- Boipatong Location within Gauteng Boipatong Location within South Africa
- Coordinates: 26°40′S 27°51′E﻿ / ﻿26.667°S 27.850°E
- Country: South Africa
- Province: Gauteng
- District: Sedibeng
- Municipality: Emfuleni
- Established: 1955

Area
- • Total: 4.31 km^{2} (1.66 sq mi)

Population (2011)
- • Total: 22,168
- • Density: 5,140/km^{2} (13,300/sq mi)

Racial makeup (2011)
- • Black African: 99.3%
- • Coloured: 0.3%
- • Indian/Asian: 0.1%
- • White: 0.1%
- • Other: 0.2%

First languages (2011)
- • Sotho: 53.1%
- • Xhosa: 15.6%
- • Zulu: 14.5%
- • Northern Sotho: 4.8%
- • Other: 12.0%
- Time zone: UTC+2 (SAST)
- Postal code (street): 1911
- PO box: 1901

= Boipatong =

Boipatong is a township in Gauteng, South Africa. It was established in 1955 to house black residents who worked in Vanderbijlpark and Vereeniging.

Boipatong means "the place of hiding" in the Sesotho language. Boipatong's expansion took place in tandem with the growth of Afrikaner Nationalism and the South African discrimination policy called apartheid.
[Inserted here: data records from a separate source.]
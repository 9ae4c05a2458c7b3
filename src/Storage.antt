-- ===== src/Storage.antt =====
-- src/ccreport/storage.py: names and paths of stored artifacts. Paths are split as `PurePosixPath`
-- does it (Python before 3.14). The Unicode normal form NFKD is an argument.
pub mod Safe
mod Tests
use ccreport.Prelude.{
  ℕ, zero, suc, ◌-◌, Bool, true, false, not, ◌&&◌, ◌||◌, List, [], ◌∷◌, ◌++◌, map, if◌then◌else◌,
  ltb, leb, ◌==◌, length, keep, any, Option, none, some,
}
use ccreport.Prelude.Texts.{Text, codes, text_eq, strip}
use ccreport.Errors.{Result, ok, err, storage_error}

abbrev pub take : ℕ → Text → Text
take zero s = []
take (suc n) [] = []
take (suc n) (c ∷ s) = c ∷ take n s

abbrev pub reverse_onto : Text → Text → Text
reverse_onto acc [] = acc
reverse_onto acc (c ∷ s) = reverse_onto (c ∷ acc) s

-- a character that `_SAFE_CHARS` does not match
unfoldable pub is_safe : ℕ → Bool
is_safe c =
    (leb b'A' c && leb c b'Z')
    || (leb b'a' c && leb c b'z')
    || (leb b'0' c && leb c b'9')
    || (c == b'.')
    || (c == b'_')
    || (c == b'-')

-- `_SAFE_CHARS.sub("-", s)`: one dash for each longest run; the flag says whether a run is open
unfoldable pub dash_runs : Bool → Text → Text
dash_runs in_run [] = []
dash_runs in_run (c ∷ s) =
    let safe_rest = dash_runs false s in
    let run_rest = dash_runs true s in
    if is_safe c then c ∷ safe_rest else (if in_run then run_rest else b'-' ∷ run_rest)

abbrev pub is_dash_or_dot : ℕ → Bool
is_dash_or_dot c = (c == b'-') || (c == b'.')

-- `s.lstrip("-.")`
unfoldable pub lstrip_dashes : Text → Text
lstrip_dashes [] = []
lstrip_dashes (c ∷ s) = let rest = lstrip_dashes s in if is_dash_or_dot c then rest else c ∷ s

unfoldable pub push_unless_dash : ℕ → Text → Text
push_unless_dash c [] = if is_dash_or_dot c then [] else c ∷ []
push_unless_dash c (d ∷ t) = c ∷ d ∷ t

unfoldable pub rstrip_dashes : Text → Text
rstrip_dashes [] = []
rstrip_dashes (c ∷ s) = push_unless_dash c (rstrip_dashes s)

-- the text before the first slash, and what stands behind each slash
unfoldable pub push_char : ℕ → List Text → List Text
push_char c [] = (c ∷ []) ∷ []
push_char c (part ∷ parts) = (c ∷ part) ∷ parts

unfoldable pub split_slash : Text → List Text
split_slash [] = [] ∷ []
split_slash (c ∷ s) = let rest = split_slash s in if c == b'/' then [] ∷ rest else push_char c rest

-- the parts of a relative path: no empty part and no `.`
unfoldable pub path_parts : Text → List Text
path_parts s = keep (λ part. not (text_eq part [] || text_eq part (codes "."))) (split_slash s)

unfoldable pub last_part : List Text → Text
last_part [] = []
last_part (part ∷ []) = part
last_part (part ∷ next ∷ parts) = last_part (next ∷ parts)

-- `PurePosixPath(s).name`
unfoldable pub path_name : Text → Text
path_name s = last_part (path_parts s)

-- the text from its last dot on, if it has a dot
unfoldable pub from_last_dot : Text → Option Text
from_last_dot [] = none
from_last_dot (c ∷ s) = elim (from_last_dot s) [
  | some suffix ↦ some suffix
  | none ↦ if c == b'.' then some (c ∷ s) else none
]

-- `PurePosixPath(s).suffix`: the last dot must stand neither first nor last in the name
unfoldable pub suffix_of_name : Text → Text
suffix_of_name name = elim (from_last_dot name) [
  | none ↦ []
  | some suffix ↦ if ltb (length suffix) (length name) && ltb 1 (length suffix) then suffix else []
]

unfoldable pub path_suffix : Text → Text
path_suffix s = suffix_of_name (path_name s)

unfoldable pub slash_of_backslash : ℕ → ℕ
slash_of_backslash c = if c == b'\\' then b'/' else c

abbrev pub is_empty : Text → Bool
is_empty [] = true
is_empty (c ∷ s) = false

abbrev pub max_stem : ℕ
max_stem = 64

-- the last steps of `safe_filename`, for a name and its suffix
unfoldable pub safe_of_parts : Text → Text → Text
safe_of_parts stem suffix =
    let clean_stem = take max_stem (rstrip_dashes (lstrip_dashes (dash_runs false stem))) in
    (if is_empty clean_stem then codes "attachment" else clean_stem) ++ keep is_safe suffix

module _ (nfkd : Text → Text) where
  unfoldable pub safe_filename : Text → Text
  safe_filename raw =
      let printable = keep (λ c. not (c == 0)) (strip (nfkd raw)) in
      let name = path_name (map slash_of_backslash printable) in
      let suffix = take 16 (path_suffix name) in
      safe_of_parts (take (length name - length suffix) name) suffix

  -- the ids of the report and of the artifact as texts
  unfoldable pub artifact_path : Text → Text → Text → Text
  artifact_path report_id artifact_id filename =
      codes "reports/"
      ++ report_id
      ++ codes "/"
      ++ artifact_id
      ++ codes "/"
      ++ safe_filename filename

-- `PurePosixPath(path).is_absolute()`
unfoldable pub is_absolute : Text → Bool
is_absolute [] = false
is_absolute (c ∷ s) = c == b'/'

unfoldable pub validate : Text → Result (List Text)
validate path =
    if is_absolute path
      || any (λ part. text_eq part (codes "..") || text_eq part []) (path_parts path)
    then err storage_error
    else ok (path_parts path)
Boipatong, along with other surrounding townships, served as a pool of cheap labour for steel industry giant ISCOR. ISCOR was built mainly as part of job creation and poverty eradication for the white working class. Although small, Boipatong was one of the places where the anger of the black people was felt during the marches of the 1960s against the requirement that they carry passes.

==Boipatong massacre==
The township was the site of the infamous Boipatong massacre on 17 June 1992, when 46 township residents were massacred by local hostel-dwellers. The massacre took place while the Convention for a Democratic South Africa (CODESA) negotiations towards the end of apartheid in South Africa were in progress; the killings were one of the factors that led to suspension of the talks. The African National Congress (ANC) National Working Committee released a statement that it could not negotiate in conditions where the poor majority was being killed by state-sponsored violence. The ANC subsequently withdrew from the talks, only to return after then-President F.W. de Klerk committed to controlling his security forces, two years after Nelson Mandela's release. The talks were attended by 228 delegates from 19 political parties.
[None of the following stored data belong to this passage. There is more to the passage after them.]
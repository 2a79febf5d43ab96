-- ===== src/Auth/OutageTests.antt =====
-- A login while the Redis server is left alone.
use python_react_template.Prelude.{ℕ, ◌+◌, false, none, some, ◌≡◌, refl, arith}
use python_react_template.Store.Exec.{World, err, rate_limit_exceeded}
use python_react_template.RateLimit.Breaker.{timeout, new_breaker}
use python_react_template.RateLimit.Redis.{RedisClient, Sources, RedisSettings}
use python_react_template.RateLimit.Interface.{LoginRateLimiter, redis_limiter}
use python_react_template.Auth.Usecase.Login.{login}
use python_react_template.Auth.Usecase.Outage.{login-refused}
use python_react_template.Auth.Examples.{environment, settings, alice, tables}

-- A server that lets every call time out.
abbrev silent : RedisClient ℕ
silent = record {
  time = λ calls. (timeout, calls + 1);
  execute = λ transaction commands calls. (timeout, calls + 1);
  delete = λ keys calls. (timeout, calls + 1);
  scan_iter = λ match_it calls. (timeout, calls + 1);
}

abbrev sources : Sources
sources = record { sha256 = λ t. t; six_places = λ n. "0"; token_hex = λ n. "0" }

abbrev redis : RedisSettings
redis = record {
  limits = record {
    window_seconds = 900;
    registration_window_seconds = 3600;
    max_failures_per_email_ip = 5;
    max_failures_per_ip = 20;
    max_failures_per_email = 20;
    max_registrations_per_ip = 10;
    max_oidc_authorizations_per_ip = 10;
    max_buckets_per_scope = 100;
  };
  key_prefix = "auth:";
  breaker = record {
    unavailable_policy = "fail_closed";
    circuit_breaker_failures = 3;
    circuit_breaker_cooldown = 30000000;
  };
}

abbrev clock : ℕ → ℕ
clock i = i + 1

abbrev limiter : LoginRateLimiter
limiter = redis_limiter silent sources redis clock

-- The circuit open since the clock's first reading.
abbrev outage : World limiter.State
outage = record {
  db = tables alice;
  limiter = record {
    server = record { store = 3; draws = 0 };
    breaker = record new_breaker {
      consecutive_failures = 3;
      circuit_opened_at = some 1;
      readings = 1;
    };
  };
  calls = 0;
  in_transaction = false;
}

login-refused_example :
    ((login limiter environment settings "a@b.c" "correct horse" none none none outage).0
      ≡ err (rate_limit_exceeded 900))
    × ((login limiter environment settings "a@b.c" "correct horse" none none none outage).1.db
        ≡ tables alice)
    × ((login limiter environment settings "a@b.c" "correct horse" none none none
          outage).1.limiter.server
        ≡ outage.limiter.server)
login-refused_example =
    login-refused silent sources redis clock environment settings "a@b.c" "correct horse" none none
      none outage 1 refl (omega arith) refl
Further investigation from the Truth and Reconciliation Commission (TRC) confirmed that the massacre was state-sponsored. The hostel dwellers who killed the residents were Inkatha Freedom Party (IFP) members who later confessed to the TRC that they had been transported by government police vehicles and led by white police officers who painted their faces black.
This massacre was added to a US lawsuit against multinational corporations that did business with the apartheid regime in South Africa.
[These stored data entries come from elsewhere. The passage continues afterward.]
-- ===== src/Auth/RoleAssignment/Outcome.antt =====
-- What an assignment of roles does, and what it leaves when it is refused.
use python_react_template.Prelude.{
  ℕ, ◌+◌, ◌≡◌, refl, ap, ◌∙◌, inl, inr, arith, String, false, not, ◌&&◌, Option, none, some, List,
  [], ◌∷◌, ◌==◌, length, length-append_one, contains, dedupe, set_minus, contains-dedupe,
  contains-set_minus, if◌then◌else◌, Bool-cases,
}
use python_react_template.Store.Rows.{
  User, AuthEventType, role_granted, role_revoked, role, Detail, Db,
}
use python_react_template.Store.Exec.{Env, World, Error, Result, ok, err}
use python_react_template.Store.Exec.Laws.{transaction-committed, db-transaction_err, >>=-ok}
use python_react_template.Store.AuthRepository.Users.{get_user, find_user_by_id_for_authentication}
use python_react_template.Store.AuthRepository.AuditLogs.{create_audit_log}
use python_react_template.Store.AuthorizationRepository as Repository
use python_react_template.Store.AuthorizationRepository.{UserRoleReplacementResult, is_empty}
use python_react_template.Store.AuthorizationRepository.Replacement.{
  holds, contains-is_empty, holds-replace_user_roles,
}
use python_react_template.Auth.Usecase.Context.{AuthenticatedSessionContext}
use python_react_template.Auth.RoleAssignment.{
  known_codes, record_role_audits, audit_replacement, replace_for, replace_live, replace_user_roles,
  require_live,
}

module _ (env : Env) {L : Type 0} where
  length-create_audit_log :
      (u i : Option ℕ) (event : AuthEventType) (ip ua : Option String) (d : Option Detail)
      (at : Option ℕ) (w : World L)
      → length (create_audit_log env u i event ip ua d at w).1.db.audit_logs
        ≡ length w.db.audit_logs + 1
  unfolding create_audit_log
  length-create_audit_log u i event ip ua d none w = length-append_one w.db.audit_logs _
  length-create_audit_log u i event ip ua d (some t) w = length-append_one w.db.audit_logs _

  record_role_audits-frame :
      (actor : AuthenticatedSessionContext) (i : ℕ) (event : AuthEventType) (all : List String)
      (ip ua : Option String) (codes : List String) (w : World L)
      → let (result, w') = record_role_audits env actor i event all ip ua codes w in
        (result ≡ ok tt)
        × (w'.db.roles ≡ w.db.roles)
        × (length w'.db.audit_logs ≡ length w.db.audit_logs + length codes)
  unfolding record_role_audits create_audit_log
  record_role_audits-frame actor i event all ip ua [] w = (refl, refl, omega arith)
  record_role_audits-frame actor i event all ip ua (code ∷ codes) w =
      let w1 =
        (create_audit_log env (some actor.user.id) (some actor.session.id) event ip ua
          (some (role (some actor.user.id) i code all)) none w).1 in
      let (done, roles, logs) = record_role_audits-frame actor i event all ip ua codes w1 in
      (
        ground (arith, done),
        ground (arith, roles),
        omega (
          arith,
          logs,
          length-create_audit_log (some actor.user.id) (some actor.session.id) event ip ua
              (some (role (some actor.user.id) i code all)) none w,
        ),
      )

  -- The audit logs of a result, one for each role that it grants or revokes.
  audit_replacement-frame :
      (actor : AuthenticatedSessionContext) (i : ℕ) (ip ua : Option String)
      (r : UserRoleReplacementResult) (w : World L)
      → let (result, w') = audit_replacement env actor i ip ua r w in
        (result ≡ ok r)
        × (w'.db.roles ≡ w.db.roles)
        × (length w'.db.audit_logs
            ≡ length w.db.audit_logs + length r.granted_role_codes + length r.revoked_role_codes)
  unfolding audit_replacement
  audit_replacement-frame actor i ip ua r w =
      let w1 =
        (record_role_audits env actor i role_granted r.current_role_codes ip ua r.granted_role_codes
          w).1 in
      let (a, b, c) =
        record_role_audits-frame actor i role_granted r.current_role_codes ip ua
          r.granted_role_codes w in
      let (d, e, f) =
        record_role_audits-frame actor i role_revoked r.current_role_codes ip ua
          r.revoked_role_codes w1 in
      (ground (arith, a, d), ground (arith, a, b, d, e), ground (arith, a, c, d, f))

  replace_for-holds :
      (actor : AuthenticatedSessionContext) (i : ℕ) (codes : List String) (ip ua : Option String)
      (w : World L) {r : UserRoleReplacementResult} (v : ℕ) (c : String)
      → (replace_for env actor i codes ip ua w).0 ≡ ok r
      → holds v c (replace_for env actor i codes ip ua w).1.db.roles
        ≡ (if v == i then contains c codes else holds v c w.db.roles)
  unfolding replace_for
  replace_for-holds actor i codes ip ua w {r} v c h =
      let m = Repository.replace_user_roles env i codes (some actor.user.id) in
      let (q, made, rest, same) = >>=-ok m (audit_replacement env actor i ip ua) w h in
      let assigned = holds-replace_user_roles env i codes (some actor.user.id) w v c made in
      let (done, roles, logs) = audit_replacement-frame actor i ip ua q (m w).1 in
      ap (λ (x : Result UserRoleReplacementResult × World L). holds v c x.1.db.roles) same
      ∙ ap (holds v c) roles
      ∙ assigned

  require_live-ok :
      (i : ℕ) (o : Option User) (w : World L)
      → (require_live i o w).0 ≡ ok tt
      → (u : User) × (o ≡ some u) × (u.deleted_at ≡ none) × ((require_live i o w).1 ≡ w)
  unfolding require_live
  require_live-ok i none w h = cc
  require_live-ok i (some u) w h = (u, refl, ground arith, refl)

  replace_live-holds :
      (actor : AuthenticatedSessionContext) (i : ℕ) (codes : List String) (ip ua : Option String)
      (w : World L) {r : UserRoleReplacementResult} (v : ℕ) (c : String)
      → (replace_live env actor i codes ip ua w).0 ≡ ok r
      → ((u : User) × (get_user i w.db.users ≡ some u) × (u.deleted_at ≡ none))
        × (holds v c (replace_live env actor i codes ip ua w).1.db.roles
            ≡ (if v == i then contains c codes else holds v c w.db.roles))
  unfolding replace_live find_user_by_id_for_authentication
  replace_live-holds actor i codes ip ua w {r} v c h =
      let m = require_live i (get_user i w.db.users) in
      let (t, live, rest, same) = >>=-ok m (λ _. replace_for env actor i codes ip ua) w h in
      let (u, there, kept, unchanged) = require_live-ok i (get_user i w.db.users) w live in
      (
        (u, there, kept),
        ap (λ (x : Result UserRoleReplacementResult × World L). holds v c x.1.db.roles) same
            ∙ replace_for-holds actor i codes ip ua (m w).1 v c rest
            ∙ ap (λ (x : World L). if v == i then contains c codes else holds v c x.db.roles)
                unchanged,
      )

  -- An assignment of roles that succeeds is of roles that the catalog knows, to a user who is there
  -- and not deleted. It leaves that user with exactly those roles, and others with what they had.
  pub replace_user_roles-assigns :
      (actor : AuthenticatedSessionContext) (i : ℕ) (role_codes : List String)
      (ip ua : Option String) (w : World L) {r : UserRoleReplacementResult} (v : ℕ) (code : String)
      → (replace_user_roles env actor i role_codes ip ua w).0 ≡ ok r
      → ((not (contains code known_codes) && contains code role_codes) ≡ false)
        × ((u : User) × (get_user i w.db.users ≡ some u) × (u.deleted_at ≡ none))
        × (holds v code (replace_user_roles env actor i role_codes ip ua w).1.db.roles
            ≡ (if v == i then contains code role_codes else holds v code w.db.roles))
  unfolding replace_user_roles
  replace_user_roles-assigns actor i codes ip ua w {r} v c h =
      let missing = set_minus (dedupe codes) known_codes in
      elim (Bool-cases (is_empty missing)) [
        | inr some_missing ↦ absurd (cc (rw some_missing at h))
        | inl none_missing ↦
            let m = replace_live env actor i (dedupe codes) ip ua in
            let (t, done, same) = transaction-committed m w (rw none_missing at h) in
            let (live, assigned) =
              replace_live-holds actor i (dedupe codes) ip ua (record w { in_transaction = t }) v c
                done in
            let listed = contains-dedupe c codes in
            (
              ground (
                arith,
                contains-is_empty c missing none_missing,
                contains-set_minus c (dedupe codes) known_codes,
                listed,
              ),
              live,
              rw none_missing (
                  ap (λ (d : Db). holds v c d.roles) same
                  ∙ assigned
                  ∙ ap (λ b. if v == i then b else holds v c w.db.roles) listed),
            )
      ]

  -- An assignment of roles that is refused, outside a transaction, leaves the tables as they were.
  pub replace_user_roles-atomic :
      (actor : AuthenticatedSessionContext) (i : ℕ) (role_codes : List String)
      (ip ua : Option String) (w : World L) {e : Error}
      → w.in_transaction ≡ false
      → (replace_user_roles env actor i role_codes ip ua w).0 ≡ err e
      → (replace_user_roles env actor i role_codes ip ua w).1.db ≡ w.db
  unfolding replace_user_roles
  replace_user_roles-atomic actor i codes ip ua w outside h =
      let missing = set_minus (dedupe codes) known_codes in
      elim (Bool-cases (is_empty missing)) [
        | inr some_missing ↦ rw some_missing refl
        | inl none_missing ↦ rw none_missing (
            db-transaction_err (replace_live env actor i (dedupe codes) ip ua) w outside
              (rw none_missing at h))
      ]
==Boipatong Heritage Site==
A Boipatong Memorial and Youth Heritage Centre dedicated to freedom struggle veterans was being built and completed on 29 October 2015 by Gauteng premier, David Makhura. The center was commissioned at a cost of 40 million rand by the Gauteng Province's former Department of Public Works, Roads and Transport, now the Department of Infrastructure Development (DID). The private sector contributed a larger portion of the amount, R40 million, including a consortium responsible for the construction of Gautrain. The memorial center construction created a number of jobs and provided skills training to members of the community.

== Corruption ==
In August 2025, ActionSA laid a criminal complaint following the expenditure of R28 million on an old-age home in Boipatong, which remained incomplete ten years later. The project was initially implemented by the Emfuleni Local Municipality before being transferred to the Gauteng Provincial Government.